* [About this exercise] Return each line of the listing in which the word "opens" appears.

* [Information given]
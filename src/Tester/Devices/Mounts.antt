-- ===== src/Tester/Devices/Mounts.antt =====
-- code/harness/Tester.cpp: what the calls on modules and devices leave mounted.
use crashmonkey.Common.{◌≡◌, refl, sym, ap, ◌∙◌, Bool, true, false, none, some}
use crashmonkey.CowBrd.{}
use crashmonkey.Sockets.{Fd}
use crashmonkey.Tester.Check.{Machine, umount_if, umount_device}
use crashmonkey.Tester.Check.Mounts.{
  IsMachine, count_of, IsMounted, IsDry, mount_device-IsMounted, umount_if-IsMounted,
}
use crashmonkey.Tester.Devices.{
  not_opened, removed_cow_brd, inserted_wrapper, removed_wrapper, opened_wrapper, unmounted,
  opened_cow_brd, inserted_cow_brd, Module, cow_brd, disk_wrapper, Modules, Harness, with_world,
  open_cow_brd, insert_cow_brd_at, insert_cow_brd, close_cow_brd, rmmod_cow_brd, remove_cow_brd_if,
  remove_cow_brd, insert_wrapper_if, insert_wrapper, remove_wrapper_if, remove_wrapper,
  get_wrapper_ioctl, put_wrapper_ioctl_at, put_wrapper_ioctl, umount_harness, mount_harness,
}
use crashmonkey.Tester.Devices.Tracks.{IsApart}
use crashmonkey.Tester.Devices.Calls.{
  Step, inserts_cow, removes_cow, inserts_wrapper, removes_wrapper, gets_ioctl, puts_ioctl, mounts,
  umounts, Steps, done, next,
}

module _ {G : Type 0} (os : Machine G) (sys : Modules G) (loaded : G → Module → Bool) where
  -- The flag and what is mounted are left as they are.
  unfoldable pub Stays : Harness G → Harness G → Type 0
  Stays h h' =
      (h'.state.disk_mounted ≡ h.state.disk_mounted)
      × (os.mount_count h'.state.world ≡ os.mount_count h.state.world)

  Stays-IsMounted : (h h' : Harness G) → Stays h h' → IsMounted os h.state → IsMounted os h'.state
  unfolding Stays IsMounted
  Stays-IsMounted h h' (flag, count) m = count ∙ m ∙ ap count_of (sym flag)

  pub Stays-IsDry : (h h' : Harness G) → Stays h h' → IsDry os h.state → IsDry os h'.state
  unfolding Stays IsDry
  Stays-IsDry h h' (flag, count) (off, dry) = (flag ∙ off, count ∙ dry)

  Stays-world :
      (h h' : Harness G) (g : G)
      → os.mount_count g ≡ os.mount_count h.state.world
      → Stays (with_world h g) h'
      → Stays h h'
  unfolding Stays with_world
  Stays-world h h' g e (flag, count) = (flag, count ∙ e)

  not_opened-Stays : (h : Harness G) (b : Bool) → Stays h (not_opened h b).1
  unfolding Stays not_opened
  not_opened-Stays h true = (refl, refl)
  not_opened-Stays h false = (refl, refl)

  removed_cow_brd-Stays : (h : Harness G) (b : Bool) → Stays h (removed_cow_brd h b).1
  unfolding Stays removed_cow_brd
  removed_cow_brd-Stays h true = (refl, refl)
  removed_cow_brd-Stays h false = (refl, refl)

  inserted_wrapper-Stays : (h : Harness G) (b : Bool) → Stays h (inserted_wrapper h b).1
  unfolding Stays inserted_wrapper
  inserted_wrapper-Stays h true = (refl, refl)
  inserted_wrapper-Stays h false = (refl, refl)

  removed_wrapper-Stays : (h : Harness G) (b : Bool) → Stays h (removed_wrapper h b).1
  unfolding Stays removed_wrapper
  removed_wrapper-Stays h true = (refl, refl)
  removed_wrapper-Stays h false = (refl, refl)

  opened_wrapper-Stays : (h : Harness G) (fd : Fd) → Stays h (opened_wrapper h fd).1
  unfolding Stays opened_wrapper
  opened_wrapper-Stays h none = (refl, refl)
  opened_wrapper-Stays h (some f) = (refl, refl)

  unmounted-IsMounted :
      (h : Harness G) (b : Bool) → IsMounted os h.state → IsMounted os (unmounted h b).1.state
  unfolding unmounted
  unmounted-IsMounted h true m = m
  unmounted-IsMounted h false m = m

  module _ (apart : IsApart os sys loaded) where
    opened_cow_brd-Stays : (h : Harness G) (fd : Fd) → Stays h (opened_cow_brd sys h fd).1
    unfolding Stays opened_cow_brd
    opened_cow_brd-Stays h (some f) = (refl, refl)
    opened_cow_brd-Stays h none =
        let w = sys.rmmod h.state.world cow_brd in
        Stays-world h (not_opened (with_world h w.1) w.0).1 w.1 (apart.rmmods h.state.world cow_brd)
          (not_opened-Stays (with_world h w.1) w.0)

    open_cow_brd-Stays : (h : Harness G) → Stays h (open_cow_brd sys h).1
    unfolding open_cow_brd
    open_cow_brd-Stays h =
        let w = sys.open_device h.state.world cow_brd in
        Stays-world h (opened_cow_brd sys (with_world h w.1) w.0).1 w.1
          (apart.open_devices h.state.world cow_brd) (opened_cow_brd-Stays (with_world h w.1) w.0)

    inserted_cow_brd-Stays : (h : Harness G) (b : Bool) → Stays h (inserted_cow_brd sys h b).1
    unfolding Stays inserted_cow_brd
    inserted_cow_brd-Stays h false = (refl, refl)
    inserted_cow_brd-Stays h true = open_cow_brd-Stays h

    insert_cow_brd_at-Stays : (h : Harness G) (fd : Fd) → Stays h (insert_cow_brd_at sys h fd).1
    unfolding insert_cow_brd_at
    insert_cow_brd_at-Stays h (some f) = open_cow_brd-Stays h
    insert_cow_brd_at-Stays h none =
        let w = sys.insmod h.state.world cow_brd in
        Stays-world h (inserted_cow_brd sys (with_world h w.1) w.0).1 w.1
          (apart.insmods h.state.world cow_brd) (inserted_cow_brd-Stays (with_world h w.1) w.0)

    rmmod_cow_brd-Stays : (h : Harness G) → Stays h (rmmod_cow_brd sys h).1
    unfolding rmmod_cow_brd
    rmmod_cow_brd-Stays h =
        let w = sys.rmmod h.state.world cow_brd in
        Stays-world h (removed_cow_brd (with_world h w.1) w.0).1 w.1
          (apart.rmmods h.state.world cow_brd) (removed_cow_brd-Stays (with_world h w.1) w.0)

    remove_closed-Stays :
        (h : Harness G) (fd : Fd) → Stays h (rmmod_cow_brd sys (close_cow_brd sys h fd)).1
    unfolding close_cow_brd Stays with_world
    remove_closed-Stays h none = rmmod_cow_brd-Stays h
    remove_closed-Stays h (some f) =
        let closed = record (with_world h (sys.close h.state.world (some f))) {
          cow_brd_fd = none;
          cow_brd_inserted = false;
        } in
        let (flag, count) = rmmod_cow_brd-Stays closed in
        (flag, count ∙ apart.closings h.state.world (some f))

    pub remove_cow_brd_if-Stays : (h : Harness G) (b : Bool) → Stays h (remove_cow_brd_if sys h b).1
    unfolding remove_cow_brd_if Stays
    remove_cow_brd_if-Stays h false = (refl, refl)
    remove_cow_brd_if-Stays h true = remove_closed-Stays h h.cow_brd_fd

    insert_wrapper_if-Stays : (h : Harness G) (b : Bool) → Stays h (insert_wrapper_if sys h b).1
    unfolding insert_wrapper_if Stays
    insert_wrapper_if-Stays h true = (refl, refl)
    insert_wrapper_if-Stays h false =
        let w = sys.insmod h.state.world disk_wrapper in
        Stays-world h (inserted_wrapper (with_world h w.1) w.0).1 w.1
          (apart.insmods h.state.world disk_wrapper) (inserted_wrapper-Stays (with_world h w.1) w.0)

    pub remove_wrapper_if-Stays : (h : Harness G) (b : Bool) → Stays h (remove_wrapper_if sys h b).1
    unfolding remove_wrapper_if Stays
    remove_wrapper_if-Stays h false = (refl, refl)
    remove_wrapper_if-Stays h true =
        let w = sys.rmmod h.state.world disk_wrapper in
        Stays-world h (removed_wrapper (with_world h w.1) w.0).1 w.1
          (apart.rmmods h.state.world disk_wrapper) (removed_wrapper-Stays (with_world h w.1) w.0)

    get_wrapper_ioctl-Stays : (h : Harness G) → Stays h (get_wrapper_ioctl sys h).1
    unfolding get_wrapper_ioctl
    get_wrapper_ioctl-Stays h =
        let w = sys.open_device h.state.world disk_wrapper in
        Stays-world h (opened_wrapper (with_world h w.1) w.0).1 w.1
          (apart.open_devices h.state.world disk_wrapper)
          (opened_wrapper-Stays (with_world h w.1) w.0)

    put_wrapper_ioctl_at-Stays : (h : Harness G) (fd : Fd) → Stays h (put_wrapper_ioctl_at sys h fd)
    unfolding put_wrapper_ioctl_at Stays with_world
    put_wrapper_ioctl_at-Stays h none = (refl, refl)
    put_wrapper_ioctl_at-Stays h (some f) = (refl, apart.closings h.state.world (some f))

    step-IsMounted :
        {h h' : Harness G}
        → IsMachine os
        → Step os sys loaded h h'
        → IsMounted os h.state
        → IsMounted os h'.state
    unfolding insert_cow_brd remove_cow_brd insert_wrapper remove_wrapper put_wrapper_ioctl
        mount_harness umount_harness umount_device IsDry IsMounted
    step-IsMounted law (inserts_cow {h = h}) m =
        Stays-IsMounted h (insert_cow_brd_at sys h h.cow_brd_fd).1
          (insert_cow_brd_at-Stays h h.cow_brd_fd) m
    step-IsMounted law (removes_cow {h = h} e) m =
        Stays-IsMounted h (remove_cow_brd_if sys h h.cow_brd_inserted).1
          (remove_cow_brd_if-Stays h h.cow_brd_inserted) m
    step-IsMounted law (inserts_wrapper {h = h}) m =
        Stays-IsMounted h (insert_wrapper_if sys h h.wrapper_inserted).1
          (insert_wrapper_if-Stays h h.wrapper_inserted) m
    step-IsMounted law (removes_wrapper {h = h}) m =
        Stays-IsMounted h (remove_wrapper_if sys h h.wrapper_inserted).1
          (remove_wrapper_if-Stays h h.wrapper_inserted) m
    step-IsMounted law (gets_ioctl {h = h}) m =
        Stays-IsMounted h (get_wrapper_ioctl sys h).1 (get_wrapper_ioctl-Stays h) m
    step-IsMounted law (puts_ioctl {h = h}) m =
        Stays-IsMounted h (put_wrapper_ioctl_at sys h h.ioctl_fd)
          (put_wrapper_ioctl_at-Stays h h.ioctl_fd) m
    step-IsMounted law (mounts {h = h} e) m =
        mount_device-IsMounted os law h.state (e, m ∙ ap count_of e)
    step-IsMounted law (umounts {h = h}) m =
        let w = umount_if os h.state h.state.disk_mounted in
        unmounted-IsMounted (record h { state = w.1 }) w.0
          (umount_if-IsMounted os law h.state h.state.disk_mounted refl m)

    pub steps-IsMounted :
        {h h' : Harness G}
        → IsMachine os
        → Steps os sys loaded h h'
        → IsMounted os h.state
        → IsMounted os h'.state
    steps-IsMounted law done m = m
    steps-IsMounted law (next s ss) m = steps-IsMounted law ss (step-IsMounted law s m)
==
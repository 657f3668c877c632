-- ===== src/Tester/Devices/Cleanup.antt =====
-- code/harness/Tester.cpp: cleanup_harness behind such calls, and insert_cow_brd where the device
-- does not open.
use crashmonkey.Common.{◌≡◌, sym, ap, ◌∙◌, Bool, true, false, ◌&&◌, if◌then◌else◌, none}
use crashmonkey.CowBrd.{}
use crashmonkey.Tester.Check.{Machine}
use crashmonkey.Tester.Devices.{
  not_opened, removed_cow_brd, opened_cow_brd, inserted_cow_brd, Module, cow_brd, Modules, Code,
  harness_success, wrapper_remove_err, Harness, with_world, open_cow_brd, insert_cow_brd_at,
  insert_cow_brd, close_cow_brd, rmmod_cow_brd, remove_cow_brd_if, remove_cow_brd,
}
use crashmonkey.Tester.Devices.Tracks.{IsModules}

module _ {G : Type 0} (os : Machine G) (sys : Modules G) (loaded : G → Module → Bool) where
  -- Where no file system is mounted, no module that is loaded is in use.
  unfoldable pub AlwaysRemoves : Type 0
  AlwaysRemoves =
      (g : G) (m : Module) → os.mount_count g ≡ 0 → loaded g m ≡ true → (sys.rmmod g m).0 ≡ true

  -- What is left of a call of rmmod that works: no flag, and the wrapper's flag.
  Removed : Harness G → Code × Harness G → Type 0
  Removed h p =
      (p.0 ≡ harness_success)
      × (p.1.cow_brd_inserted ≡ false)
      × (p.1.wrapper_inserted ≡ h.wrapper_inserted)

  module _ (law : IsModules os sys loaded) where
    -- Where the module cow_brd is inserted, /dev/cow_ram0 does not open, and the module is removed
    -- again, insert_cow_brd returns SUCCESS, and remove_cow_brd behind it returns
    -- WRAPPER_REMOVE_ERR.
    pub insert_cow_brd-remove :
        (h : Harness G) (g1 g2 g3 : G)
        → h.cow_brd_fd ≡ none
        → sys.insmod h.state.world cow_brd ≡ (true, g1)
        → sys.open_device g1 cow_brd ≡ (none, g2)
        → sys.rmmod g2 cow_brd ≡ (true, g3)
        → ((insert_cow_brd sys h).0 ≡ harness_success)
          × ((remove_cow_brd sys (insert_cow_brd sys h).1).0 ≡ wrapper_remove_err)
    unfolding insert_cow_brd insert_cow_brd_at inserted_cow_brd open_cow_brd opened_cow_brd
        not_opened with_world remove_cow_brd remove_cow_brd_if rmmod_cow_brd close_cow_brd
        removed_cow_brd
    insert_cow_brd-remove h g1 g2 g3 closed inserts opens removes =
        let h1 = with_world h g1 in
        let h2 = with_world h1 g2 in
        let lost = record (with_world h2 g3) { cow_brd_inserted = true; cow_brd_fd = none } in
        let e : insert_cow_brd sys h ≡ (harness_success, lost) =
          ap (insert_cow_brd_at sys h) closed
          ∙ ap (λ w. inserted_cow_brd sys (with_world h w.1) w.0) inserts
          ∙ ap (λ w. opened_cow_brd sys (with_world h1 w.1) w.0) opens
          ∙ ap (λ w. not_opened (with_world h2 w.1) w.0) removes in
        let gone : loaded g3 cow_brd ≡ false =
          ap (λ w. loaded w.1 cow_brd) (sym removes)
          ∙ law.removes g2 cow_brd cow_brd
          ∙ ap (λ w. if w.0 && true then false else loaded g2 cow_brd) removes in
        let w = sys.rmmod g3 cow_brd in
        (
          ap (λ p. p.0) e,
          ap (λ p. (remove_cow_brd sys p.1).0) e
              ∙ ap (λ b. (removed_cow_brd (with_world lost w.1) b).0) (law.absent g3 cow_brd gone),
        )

* [Task response]
    insert_cow_brd-remove h g1 g2 g3 closed inserts opens removes =
          ∙ ap (λ w. opened_cow_brd sys (with_world h1 w.1) w.0) opens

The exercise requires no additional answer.